Evidence for rapid microscale bacterial redox cycling of iron in circumneutral environments.

The potential for microscale bacterial Fe redox cycling was investigated in microcosms containing ferrihydrite-coated sand and a coculture of a lithotrophic Fe(II)-oxidizing bacterium (strain TW2) and a dissimilatory Fe(III)-reducing bacterium (Shewanella alga strain BrY). The Fe(II)-oxidizing organism was isolated from freshwater wetland surface sediments which are characterized by steep gradients of dissolved 02 and high concentrations of dissolved and solid-phase Fe(II) within mm of the sediment-water interface, and which support comparable numbers (10(5)-10(6) mL(-1)) of culturable Fe(II)-oxidizing and Fe(III)-reducing reducing. The coculture systems showed minimal Fe(III) oxide accumulation at the sand-water interface, despite intensive O2 input from the atmosphere and measurable dissolved O2 to a depth of 2 mm below the sand-water interface.
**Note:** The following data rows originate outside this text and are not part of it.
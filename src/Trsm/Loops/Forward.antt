-- ===== src/Trsm/Loops/Forward.antt =====
-- The loop that goes up over the blocks: it ends, and leaves a solution in X.
use mathlib.Core.Path.{subst}
use sycl_blas.Base.{
  if_yes, if_no, ℕ, zero, suc, ◌+◌, ◌-◌, ◌*◌, ◌<◌, ◌≤◌, ◌≡◌, inl, inr, Bool, true, false, refl, sym,
  ◌∙◌, arith, leb, ltb, min, ◌==◌, Bool-cases, Result, ok, ltb→lt, lt→ltb, le→ltb,
}
use sycl_blas.Base.Scalar.{Scalar, IsExact}
use sycl_blas.Views.{Store}
use sycl_blas.Gemm.Call.{GemmCall, IsGemm}
use sycl_blas.Gemm.Interface.Scaling.{IsMatrix}
use sycl_blas.Trsm.Calls.{System, k_, block_size, factor}
use sycl_blas.Trsm.{forward_ends, forward_loop}
use sycl_blas.Trsm.Steps.Sides.{solve_step, forward_step}
use sycl_blas.Trsm.Steps.{IsApart, equations, a_at, IsSolveStep}
use sycl_blas.Trsm.States.{
  triangle, IsState, IsSolution, HasInverses, state-IsSolution, last-IsSolution, next-IsState,
}
use sycl_blas.Trsm.Loops.Order.{leb_yes, leb_no, ltb→le, leb→le, leb→gt, forward_same}

module _ {ℓ} {A : Type ℓ} {s : Scalar A} (exact : IsExact s) (t : System A)
    {run : GemmCall A → Store A → Result (Store A)} (gemm : IsGemm exact run)
    (add-neg : (x : A) → s.add x (s.neg x) ≡ s.zero) (x_matrix : IsMatrix t.x_ t.m t.n t.ldb)
    (b_matrix : IsMatrix t.b_ t.m t.n t.ldb) (apart : IsApart t) (start : Store A) where
  forward_ends_yes :
      (side : Bool) (i : ℕ)
      → t.is_left ≡ side
      → forward_ends s t i ≡ true
      → equations side t ≤ i + block_size
  unfolding forward_ends
  forward_ends_yes true i e h = leb→le t.m (i + block_size) (sym (if_yes t.is_left _ _ e) ∙ h)
  forward_ends_yes false i e h =
      let l = ltb→lt t.n (i + block_size) (sym (if_no t.is_left _ _ e) ∙ h) in omega arith

  forward_ends_no :
      (side : Bool) (i : ℕ)
      → t.is_left ≡ side
      → forward_ends s t i ≡ false
      → i + block_size ≤ equations side t
  unfolding forward_ends
  forward_ends_no true i e h =
      let l = leb→gt t.m (i + block_size) (sym (if_yes t.is_left _ _ e) ∙ h) in omega arith
  forward_ends_no false i e h = ltb→le t.n (i + block_size) (sym (if_no t.is_left _ _ e) ∙ h)

  forward_zeros : (row c i : ℕ) → ltb row i ≡ true → triangle s t true start row (i + c) ≡ s.zero
  forward_zeros row c i d =
      let l = ltb→lt row i d in if_no (leb (i + c) row) _ _ (leb_no (i + c) row (omega arith))

  forward_side :
      (row c i : ℕ)
      → ltb row (i + block_size) ≡ false
      → c < block_size
      → triangle s t true start row (i + c) ≡ a_at t t.is_left start row (i + c)
  forward_side row c i d hc =
      let l = ltb→le row (i + block_size) d in
      if_yes (leb (i + c) row) _ _ (leb_yes (i + c) row (omega arith))

  pub forward_loop_lem :
      (inverses : HasInverses exact t true start) (fuel block i : ℕ) (is_first : Bool)
      (st : Store A)
      → i ≡ block * block_size
      → i ≤ equations t.is_left t
      → equations t.is_left t ≤ i + fuel
      → (i == 0) ≡ is_first
      → IsState exact t true start (λ c. ltb c i) is_first st
      → (out : Store A) × (forward_loop s t run fuel i st ≡ ok out)
        × IsSolution exact t true start out
  unfolding forward_loop
  forward_loop_lem inverses zero block i is_first st at fits enough e h = (
    st,
    refl,
    state-IsSolution exact t true start _ is_first st (λ c hc. lt→ltb c i (omega arith)) h,
  )
  forward_loop_lem inverses (suc fuel) block i is_first st at fits enough e h =
      elim (Bool-cases (ltb i (k_ s t))) [
        | inr stop ↦
            let l = ltb→le i (k_ s t) stop in
            (
              st,
              rw stop,
              state-IsSolution exact t true start _ is_first st (λ c hc. lt→ltb c i (omega arith))
                  h,
            )
        | inl go ↦
            let more = ltb→lt i (k_ s t) go in
            let size : ℕ = min (k_ s t - i) block_size in
            let r =
              solve_step exact t gemm add-neg x_matrix b_matrix apart i size is_first st
                (omega arith) in
            elim (Bool-cases (forward_ends s t i)) [
              | inl ends ↦ (
                r.0,
                rw (go, e, r.1, ends),
                last-IsSolution exact t true start apart inverses (λ c. ltb c i)
                    (λ c. ltb c (i + size)) is_first st r.0 h block i size at refl more r.2
                    (λ c hc. le→ltb (i + c) i (omega arith))
                    (λ c hc. lt→ltb (i + c) (i + size) (omega arith))
                    (λ c o. forward_same c i size o) (λ row c d hc. forward_zeros row c i d)
                    (λ c hc.
                      let l = forward_ends_yes t.is_left i refl ends in
                      lt→ltb c (i + size) (omega arith)),
              )
              | inr goes_on ↦
                  let full = forward_ends_no t.is_left i refl goes_on in
                  let step : IsSolveStep exact t t.is_left i block_size (factor s t is_first) st
                      r.0 =
                    subst (λ n. IsSolveStep exact t t.is_left i n (factor s t is_first) st r.0)
                      {x = size} {y = block_size} (omega arith) r.2 in
                  let updated =
                    forward_step exact t gemm add-neg x_matrix b_matrix apart i is_first r.0 full in
                  let next =
                    next-IsState exact t true start apart inverses (λ c. ltb c i)
                      (λ c. ltb c (i + block_size)) is_first st r.0 h block i block_size at
                      (omega arith) more step (λ c hc. le→ltb (i + c) i (omega arith))
                      (λ c hc. lt→ltb (i + c) (i + block_size) (omega arith))
                      (λ c o. forward_same c i block_size o) (λ row c d hc. forward_zeros row c i d)
                      (i + block_size) (equations t.is_left t - i - block_size) updated.0 updated.2
                      (λ row hr d. let l = ltb→le row (i + block_size) d in (l, omega arith))
                      (λ row c d hc. forward_side row c i d hc) in
                  let rest =
                    forward_loop_lem inverses fuel (suc block) (i + block_size) false updated.0
                      (omega arith) full (omega arith) (ground arith) next in
                  (rest.0, rw (go, e, r.1, goes_on, updated.1) rest.1, rest.2)
            ]
      ]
In contrast, a distinct layer of oxide precipitates formed in systems containing Fe(IllI)-reducing bacteria alone. Examination of materials from the cocultures by fluorescence in situ hybridization indicated close physical juxtapositioning of Fe(II)-oxidizing and Fe(III)-reducing bacteria in the upper few mm of sand. Our results indicate that Fe(II)-oxidizing bacteria have the potential to enhance the coupling of Fe(II) oxidation and Fe(III) reduction at redox interfaces, thereby promoting rapid microscale cycling of Fe.